This must be the most stupefyingly dull and meaningless performance of anything I've ever heard. Any real musician would make it more interesting sight-reading it for the first time. You've done us a service here: we can all now safely avoid any recordings by Ilya Gringolts.

POSTSCRIPT: A review on Amazon says he was "only" 21 when he recorded this.


----------



## JAS (Mar 6, 2013)

Gordontrek said:


> They're both better than me


No video proof, please, I beg you . . .


----------



## PlaySalieri (Jun 3, 2012)

Manxfeeder said:


> I agree with that. Music doesn't have to be technically perfect to be good.
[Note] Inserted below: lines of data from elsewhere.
-- ===== src/Event/Window.antt =====
-- src/event.rs: which events `append` retains.
use asteria.Base.{
  ℕ, zero, suc, ◌+◌, ◌-◌, ◌≤◌, ◌<◌, ◌≡◌, refl, sym, ap, ◌∙◌, Bool-cases, inl, inr, List, [], ◌∷◌,
  ◌++◌, some, ltb, length, drop, length-append, length-drop, arith, min, ltb→lt, ltb-eq-false→le,
}
use asteria.Event.{
  Event, EventLog, EventKind, EventCodec, max_retained_events, prune_events, last_event, append,
}

drop-nil {ℓ} : {A : Type ℓ} (n : ℕ) → drop {A = A} n [] ≡ []
drop-nil zero = refl
drop-nil (suc n) = refl

module _ {D Time : Type 0} where
  -- Pruning drops exactly the events that are too many, from the front.
  pub prune_events-drop :
      (events : List (Event D Time))
      → prune_events events ≡ drop (length events - max_retained_events) events
  unfolding prune_events
  prune_events-drop [] = sym (drop-nil (0 - max_retained_events))
  prune_events-drop (e ∷ events) =
      elim (Bool-cases (ltb max_retained_events (suc (length events)))) [
        | inl more ↦
            let lt : max_retained_events < suc (length events) = ltb→lt _ _ more in
            let step : suc (length events) - max_retained_events
                ≡ suc (length events - max_retained_events) =
              omega arith in
            rw (more, step) (prune_events-drop events)
        | inr fits ↦
            let le : suc (length events) ≤ max_retained_events = ltb-eq-false→le _ _ fits in
            let step : suc (length events) - max_retained_events ≡ 0 = omega arith in
            rw (fits, step)
      ]

  last_event-append :
      (events : List (Event D Time)) (e : Event D Time) → last_event (events ++ e ∷ []) ≡ some e
  unfolding last_event
  last_event-append [] e = refl
  last_event-append (f ∷ []) e = refl
  last_event-append (f ∷ g ∷ events) e = last_event-append (g ∷ events) e

  last_event-drop :
      (n : ℕ) (events : List (Event D Time))
      → n < length events
      → last_event (drop n events) ≡ last_event events
  unfolding last_event
  last_event-drop zero events h = refl
  last_event-drop (suc n) [] h = refl
  last_event-drop (suc n) (e ∷ []) h = absurd (omega arith)
  last_event-drop (suc n) (e ∷ f ∷ events) h = last_event-drop n (f ∷ events) (omega arith)

  module _ (codec : EventCodec D Time) (self : EventLog D Time) (sequence : ℕ) (timestamp : Time)
      (kind : EventKind D) where
    -- What `append` keeps is the end of the log with the new event: at most 1024 events, all of them
    -- while there are no more, and the new event last.
    pub append-retains :
        let (next, event) = append codec self sequence timestamp kind in
        (next.events
          ≡ drop (length self.events + 1 - max_retained_events) (self.events ++ event ∷ []))
        × (length next.events ≡ min max_retained_events (length self.events + 1))
        × (last_event next.events ≡ some event)
    unfolding append
    append-retains = (
      same,
      rw same (rw (length-drop, grown) (omega arith)),
      rw same (
          last_event-drop (length self.events + 1 - max_retained_events) (self.events ++ event ∷ [])
            (rw grown (omega arith))
          ∙ last_event-append self.events event),
    )
      where
        event : Event D Time
        event = (append codec self sequence timestamp kind).1

        grown : length (self.events ++ event ∷ []) ≡ length self.events + 1
        grown = length-append self.events (event ∷ [])

        same :
            (append codec self sequence timestamp kind).0.events
            ≡ drop (length self.events + 1 - max_retained_events) (self.events ++ event ∷ [])
        same =
            prune_events-drop (self.events ++ event ∷ [])
            ∙ ap (λ n. drop (n - max_retained_events) (self.events ++ event ∷ [])) grown
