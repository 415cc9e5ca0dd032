-- ===== src/Sim/Economy/Time.antt =====
-- `advance_tick`, `finished` and `end_run` of `SimulatedEconomy` (bazaar_sim/economy.py).
use spaceport_bazzar_client.Base.{
  ltb, leb, if◌then◌else◌, ◌==◌, nat_eq, ◌>>=◌, keep_if, any, ℕ, ◌+◌, Bool, not, ◌&&◌, ◌||◌, Option,
  none, some, List, [], ◌∷◌,
}
use spaceport_bazzar_client.Domain.Bundle.{resource_eq}
use spaceport_bazzar_client.Domain.Types.{OfferStatus, object_eq, is_open, Rules, Offer}
use spaceport_bazzar_client.Sim.Station.{SimStation, settle_tick}
use spaceport_bazzar_client.Sim.Economy.State.{Economy, close_one, close}

-- The loop `for offer in list(self.offers): if test(offer): self._close(offer.offer_id, status)`:
-- it runs over a copy, the first list, and rewrites the second.
unfoldable pub close_each : (Offer → Bool) → OfferStatus → ℕ → List Offer → List Offer → List Offer
unfolding close_one
close_each test status tick [] offers = offers
close_each test status tick (o ∷ copy) offers =
    close_each test status tick copy
      (if test o then close o.offer_id status none tick offers else offers)

abbrev pub close_where : (Offer → Bool) → OfferStatus → ℕ → List Offer → List Offer
close_where test status tick offers = close_each test status tick offers offers

-- `for station in self.stations.values(): station.settle_tick(self.rules, self.tick)`
unfoldable pub settle_all : Rules → ℕ → List SimStation → Option (List SimStation)
unfolding settle_tick
settle_all rules tick [] = some []
settle_all rules tick (s ∷ rest) = do
  s' ← settle_tick rules tick s
  rest' ← settle_all rules tick rest
  some (s' ∷ rest')

-- `sid in failed`
abbrev pub has_failed : List SimStation → ℕ → Bool
has_failed stations sid = any (λ s. s.station_id == sid && s.failed_once) stations

-- an open offer whose deadline has come
abbrev pub is_overdue : ℕ → Offer → Bool
is_overdue tick o = is_open o.status && leb o.expires_tick tick

-- an open offer with a failed party
abbrev pub is_orphaned : List SimStation → Offer → Bool
is_orphaned stations o =
    is_open o.status && (has_failed stations o.proposer_id || has_failed stations o.recipient_id)

unfoldable pub advance_tick : Economy → Option Economy
unfolding close_each settle_all
advance_tick e = do
  let tick = e.tick + 1
  let current = close_where (is_overdue tick) OfferStatus.expired tick e.offers
  let fresh = keep_if (λ a. ltb tick a.expires_tick) e.advertisements
  stations ← settle_all e.rules tick e.stations
  some (record e {
    tick = tick;
    command_counts = [];
    world_version = e.world_version + 1;
    stations = stations;
    advertisements = keep_if (λ a. not (has_failed stations a.station_id)) fresh;
    offers = close_where (is_orphaned stations) OfferStatus.withdrawn tick current;
  })

unfoldable pub is_finished : Economy → Bool
is_finished e = leb e.rules.duration_ticks e.tick

unfoldable pub end_run : Economy → Economy
unfolding close_each
end_run e = record e {
  offers = close_where (λ o. is_open o.status) OfferStatus.run_ended e.tick e.offers;
  advertisements = [];
  world_version = e.world_version + 1;
}

-- `for i, station in enumerate(stations.values()): station.production = produce(i)`, from index `i`
unfoldable pub set_production : (ℕ → ℕ) → ℕ → List SimStation → List SimStation
set_production produce i [] = []
set_production produce i (s ∷ rest) =
    record s { production = produce i } ∷ set_production produce (i + 1) rest

-- `_apply_production` of the server, and the same loop in `run_world`
unfoldable pub apply_production : (ℕ → ℕ → ℕ) → Economy → Economy
unfolding set_production
apply_production produce e = record e { stations = set_production (produce e.tick) 0 e.stations }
I have always called it being honest, but I suppose "essence' is a better description.


Im not one to poo poo a performance because the violinist screws up one spicato - Ive seen Ricci on a youtbve video mess up one or two moments in what is otherwise spellbinding playing.


----------



## SONNET CLV (May 31, 2014)

Manxfeeder said:


> I agree with that. Music doesn't have to be technically perfect to be good. I have always called it being honest, but I suppose "essence' is a better description.





stomanek said:


> Im not one to poo poo a performance because the violinist screws up one spicato - Ive seen Ricci on a youtbve video mess up one or two moments in what is otherwise spellbinding playing.


If music is indeed an imitation of life, of humanness itself (to abstract Aristotle from his _Poetics_), then humanness, with its included flaws, must remain a part of it. Human music is flawed, yes, but also warm and real. Machine generated music (which is likely to get each beat in perfect rhythm, each note in perfect frequency, each timbre with a perfect sameness) must be cold and surreal. Critics often point out the mechanical features of certain players who seem to be "perfect" but lack that _something_ we term "humanness" in their performances. (I've read such comments about Heifetz and Lang Lang, to name two. And many of us remain non-fans of Karajan's digital performances because, can we say, they are too mechanical?)
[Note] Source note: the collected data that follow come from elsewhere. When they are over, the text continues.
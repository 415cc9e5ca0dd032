-- ===== src/Sim/Economy/View.antt =====
-- `__init__`, `observation_for` and `outcome_for` of `SimulatedEconomy` (bazaar_sim/economy.py).
use text.Mathlib.Text.{◌==◌ as str_eq}
use spaceport_bazzar_client.Base.{
  if◌then◌else◌, ◌==◌, nat_eq, ◌>>=◌, keep_if, any, ℕ, ◌+◌, String, Bool, not, ◌||◌, Option, some,
  List, [], ◌∷◌, map,
}
use spaceport_bazzar_client.Domain.Bundle.{resource_eq}
use spaceport_bazzar_client.Domain.Types.{
  Phase, object_eq, Rules, CommandResult, PlayerOutcome, Snapshot,
}
use spaceport_bazzar_client.Sim.Station.{SimStation, observation}
use spaceport_bazzar_client.Sim.Economy.State.{Economy, station_of}

-- `__init__`: a later station with the same id replaces an earlier one in its place
unfoldable pub put_station : SimStation → List SimStation → List SimStation
put_station s [] = s ∷ []
put_station s (t ∷ rest) =
    let kept = put_station s rest in if t.station_id == s.station_id then s ∷ rest else t ∷ kept

unfoldable pub put_stations : List SimStation → List SimStation → List SimStation
unfolding put_station
put_stations [] known = known
put_stations (s ∷ stations) known = put_stations stations (put_station s known)

unfoldable pub new_economy : List SimStation → Rules → ℕ → Economy
unfolding put_stations
new_economy stations rules run_id = record {
  stations = put_stations stations [];
  rules = rules;
  run_id = run_id;
  tick = 0;
  world_version = 1;
  sequence = 0;
  offers = [];
  transactions = [];
  advertisements = [];
  next_id = 1;
  command_counts = [];
  rejections = [];
}

-- `observation_for` with a sequence number given; `none` is a `KeyError`. The display name is
-- `s.display_name or s.station_id`, and `names` gives a station id's text.
unfoldable pub observation_for :
    (ℕ → String)
    → ℕ
    → ℕ
    → Phase
    → List CommandResult
    → Option PlayerOutcome
    → Economy
    → Option Snapshot
unfolding observation
observation_for names sid sequence phase results outcome e = do
  station ← station_of sid e.stations
  some (record {
    run_id = e.run_id;
    snapshot_sequence = sequence;
    world_version = e.world_version;
    tick = e.tick;
    phase = phase;
    self_station_id = sid;
    rules = e.rules;
    directory =
        map
          (λ s. record {
            station_id = s.station_id;
            display_name = if str_eq s.display_name "" then names s.station_id else s.display_name;
          })
          e.stations;
    me = observation station;
    offers = keep_if (λ o. sid == o.proposer_id || sid == o.recipient_id) e.offers;
    advertisements = e.advertisements;
    transactions = keep_if (λ t. sid == t.proposer_id || sid == t.recipient_id) e.transactions;
    request_results = results;
    outcome = outcome;
  })

-- `observation_for` without a sequence number: the economy counts it
unfoldable pub observe_next :
    (ℕ → String)
    → ℕ
    → Phase
    → List CommandResult
    → Option PlayerOutcome
    → Economy
    → Option (Snapshot × Economy)
unfolding observation_for
observe_next names sid phase results outcome e = do
  let sequence = e.sequence + 1
  snap ← observation_for names sid sequence phase results outcome e
  some (snap, record e { sequence = sequence })

-- `outcome_for`
unfoldable pub outcome_for : ℕ → Bool → Economy → Option PlayerOutcome
outcome_for sid aborted e = do
  station ← station_of sid e.stations
  some (record {
    collective_success = some (not (any (λ s. s.failed_once) e.stations));
    self_failed = station.failed_once;
    aborted = aborted;
  })
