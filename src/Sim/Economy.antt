-- ===== src/Sim/Economy.antt =====
-- `SimulatedEconomy` of bazaar_sim/economy.py, the rule engine of the simulator.
mod State
mod Precheck
mod Posting
mod Accept
mod Execute
mod Time
mod View
pub mod Stations
pub mod Trade
pub mod Ledger
pub mod Effect
pub mod Invariant
pub mod Conservation
pub mod Total
pub mod Run
unfoldable pub use State.*
unfoldable pub use Precheck.*
unfoldable pub use Posting.*
unfoldable pub use Accept.*
unfoldable pub use Execute.*
unfoldable pub use Time.*
unfoldable pub use View.*
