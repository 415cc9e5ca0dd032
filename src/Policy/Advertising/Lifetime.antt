-- ===== src/Policy/Advertising/Lifetime.antt =====
-- The decision on an advertisement against the rules of publication
-- (bazaar_client/policy/advertising.py).
use spaceport_bazzar_client.Base.{
  ltb, leb, if◌then◌else◌, ◌==◌, nat_eq, Bool-cases, ℕ, ◌+◌, ◌≤◌, ◌<◌, ◌≡◌, refl, ◌≢◌, inl, inr,
  Bool, true, false, not, ◌&&◌, Option, none, some, arith,
}
use spaceport_bazzar_client.Domain.Bundle.{Resource, water, food, components, resource_eq, Bundle}
use spaceport_bazzar_client.Domain.Types.{object_eq, Rules, Advertisement}
use spaceport_bazzar_client.Execution.Actions.{AdvertiseAction, Action}
use spaceport_bazzar_client.Sim.Economy.{lifetime_ok}
use spaceport_bazzar_client.Policy.Advertising.{
  ad_renew_margin, min_ad_lifetime, any_resource, sells, seeks, ad_ttl, revise,
  decide_advertisement,
}

abbrev expiry_of : Option Action → ℕ → ℕ
expiry_of (some (Action.advertise a)) n = a.expires_tick
expiry_of _ n = n

revise-expiry_of :
    (proposed : AdvertiseAction) (critical : Resource → Bool) (standing : Advertisement) (tick : ℕ)
    → expiry_of (revise proposed critical standing tick) proposed.expires_tick
      ≡ proposed.expires_tick
unfolding revise
revise-expiry_of proposed critical standing tick = ground arith

decide_advertisement-expiry_of :
    (surplus deficit : Bundle) (critical : Resource → Bool) (current : Option Advertisement)
    (tick : ℕ) (rules : Rules)
    → expiry_of
        (decide_advertisement surplus deficit critical current tick rules)
        (tick + ad_ttl tick rules)
      ≡ tick + ad_ttl tick rules
unfolding decide_advertisement
decide_advertisement-expiry_of surplus deficit critical none tick rules = ground arith
decide_advertisement-expiry_of surplus deficit critical (some standing) tick rules = ground (
  arith,
  revise-expiry_of
      (record {
        selling = sells surplus;
        seeking = seeks deficit critical;
        expires_tick = tick + ad_ttl tick rules;
      })
      critical standing tick,
)

decide_advertisement-none :
    (surplus deficit : Bundle) (critical : Resource → Bool) (current : Option Advertisement)
    (tick : ℕ) (rules : Rules)
    → ad_ttl tick rules ≡ 0
    → decide_advertisement surplus deficit critical current tick rules ≡ none
unfolding decide_advertisement
decide_advertisement-none surplus deficit critical current tick rules h = rw h refl

lifetime_ok-ad_ttl :
    (rules : Rules) (tick : ℕ)
    → 0 < ad_ttl tick rules
    → lifetime_ok rules tick rules.max_publication_ttl_ticks (tick + ad_ttl tick rules) ≡ true
lifetime_ok-ad_ttl rules tick h = ground arith

-- The lifetime that is asked for passes the server's test, and it ends within eight ticks.
pub decide_advertisement_lifetime :
    (surplus deficit : Bundle) (critical : Resource → Bool) (current : Option Advertisement)
    (tick : ℕ) (rules : Rules) (a : AdvertiseAction)
    → decide_advertisement surplus deficit critical current tick rules ≡ some (Action.advertise a)
    → (lifetime_ok rules tick rules.max_publication_ttl_ticks a.expires_tick ≡ true)
      × (a.expires_tick ≤ tick + 8)
decide_advertisement_lifetime surplus deficit critical current tick rules a h =
    let asked : a.expires_tick ≡ tick + ad_ttl tick rules =
      rw h at (decide_advertisement-expiry_of surplus deficit critical current tick rules) in
    elim (Bool-cases (ltb 0 (ad_ttl tick rules))) [
      | inl left ↦ rw asked (lifetime_ok-ad_ttl rules tick (ground arith), omega arith)
      | inr over ↦
          let nothing =
            decide_advertisement-none surplus deficit critical current tick rules (ground arith) in
          absurd (cc)
    ]

-- What stands after the decision seeks the resource.
abbrev pub sought_after : Option Action → Option Advertisement → Resource → Bool
sought_after (some (Action.advertise a)) current r = a.seeking r
sought_after (some _) current r = false
sought_after none none r = false
sought_after none (some standing) r = standing.seeking r

-- While a lifetime remains, a critical resource is sought by what stands after the decision: by a
-- new advertisement, or by the one that is kept.
pub decide_advertisement_seeks :
    (surplus deficit : Bundle) (critical : Resource → Bool) (current : Option Advertisement)
    (tick : ℕ) (rules : Rules) (r : Resource)
    → 0 < ad_ttl tick rules
    → critical r ≡ true
    → sought_after (decide_advertisement surplus deficit critical current tick rules) current r
      ≡ true
unfolding decide_advertisement
decide_advertisement_seeks surplus deficit critical none tick rules water t h = ground arith
decide_advertisement_seeks surplus deficit critical none tick rules food t h = ground arith
decide_advertisement_seeks surplus deficit critical none tick rules components t h = ground arith
decide_advertisement_seeks surplus deficit critical (some standing) tick rules water t h =
    ground arith
decide_advertisement_seeks surplus deficit critical (some standing) tick rules food t h =
    ground arith
decide_advertisement_seeks surplus deficit critical (some standing) tick rules components t h =
    ground arith

revise_settles :
    (proposed : AdvertiseAction) (critical : Resource → Bool) (standing : Advertisement) (tick : ℕ)
    (a : AdvertiseAction)
    → any_resource (λ r. critical r && not (standing.seeking r)) ≡ false
    → tick + ad_renew_margin < standing.expires_tick
    → tick < standing.created_tick + min_ad_lifetime
    → revise proposed critical standing tick ≢ some (Action.advertise a)
unfolding revise
revise_settles proposed critical standing tick a known fresh new =
    let early : leb (standing.created_tick + min_ad_lifetime) tick ≡ false = ground arith in
    let far : leb standing.expires_tick (tick + ad_renew_margin) ≡ false = ground arith in
    rw (known, early, far) (go _ _)
  where
    go :
        (empty changed : Bool)
        → (if empty
            then some (Action.withdraw standing.advertisement_id)
            else if changed && false
            then some (Action.advertise proposed)
            else none)
          ≢ some (Action.advertise a)
    go empty changed = λ e. ground arith

-- A standing advertisement that seeks every critical resource and is not about to expire is not
-- replaced in the first three ticks of its life.
pub decide_advertisement_settles :
    (surplus deficit : Bundle) (critical : Resource → Bool) (standing : Advertisement) (tick : ℕ)
    (rules : Rules) (a : AdvertiseAction)
    → any_resource (λ r. critical r && not (standing.seeking r)) ≡ false
    → tick + ad_renew_margin < standing.expires_tick
    → tick < standing.created_tick + min_ad_lifetime
    → decide_advertisement surplus deficit critical (some standing) tick rules
      ≢ some (Action.advertise a)
unfolding decide_advertisement
decide_advertisement_settles surplus deficit critical standing tick rules a known fresh new =
    elim (Bool-cases (ad_ttl tick rules == 0)) [
      | inl over ↦ rw over (λ e. cc)
      | inr left ↦ rw left (
          revise_settles
            (record {
              selling = sells surplus;
              seeking = seeks deficit critical;
              expires_tick = tick + ad_ttl tick rules;
            })
            critical standing tick a known fresh new)
    ]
I don't mind rough edges on music that is otherwise played with insight, depth, and meaning ... and affection. Which is why I often champion lesser known, smaller orchestras and less familiar but competent and dedicated conductors for the Beethoven symphonies. Beethoven the way Beethoven himself may have heard the music, not played by highly skilled, modern, conservative trained musicians on the most exacting of instruments, but rather fleshed out by players with late 18th century training and instruments that cannot rival our modern-day "improvements".

Of course, incompetence is still incompetence, and will maintain music being unlistenable. But lack of perfection where truth is sincerely (or even ironically) sought cannot be a totally awful thing.


----------



## Captainnumber36 (Jan 19, 2017)

Tallisman said:


> He's clearly trained in the fiddle tradition, not classical. Not the greatest fiddle player too, but not atrocious. I've heard much, MUCH worse (e.g Miss Mississippi just now, thanks very much for that mbhaub)


He was Classically trained, in fact.


----------



## Captainnumber36 (Jan 19, 2017)

SONNET CLV said:


> If music is indeed an imitation of life, of humanness itself (to abstract Aristotle from his _Poetics_), then humanness, with its included flaws, must remain a part of it. Human music is flawed, yes, but also warm and real. Machine generated music (which is likely to get each beat in perfect rhythm, each note in perfect frequency, each timbre with a perfect sameness) must be cold and surreal. Critics often point out the mechanical features of certain players who seem to be "perfect" but lack that _something_ we term "humanness" in their performances. (I've read such comments about Heifetz and Lang Lang, to name two. And many of us remain non-fans of Karajan's digital performances because, can we say, they are too mechanical?)
> 
> I don't mind rough edges on music that is otherwise played with insight, depth, and meaning ... and affection. Which is why I often champion lesser known, smaller orchestras and less familiar but competent and dedicated conductors for the Beethoven symphonies. Beethoven the way Beethoven himself may have heard the music, not played by highly skilled, modern, conservative trained musicians on the most exacting of instruments, but rather fleshed out by players with late 18th century training and instruments that cannot rival our modern-day "improvements".
> 
> Of course, incompetence is still incompetence, and will maintain music being unlistenable. But lack of perfection where truth is sincerely (or even ironically) sought cannot be a totally awful thing.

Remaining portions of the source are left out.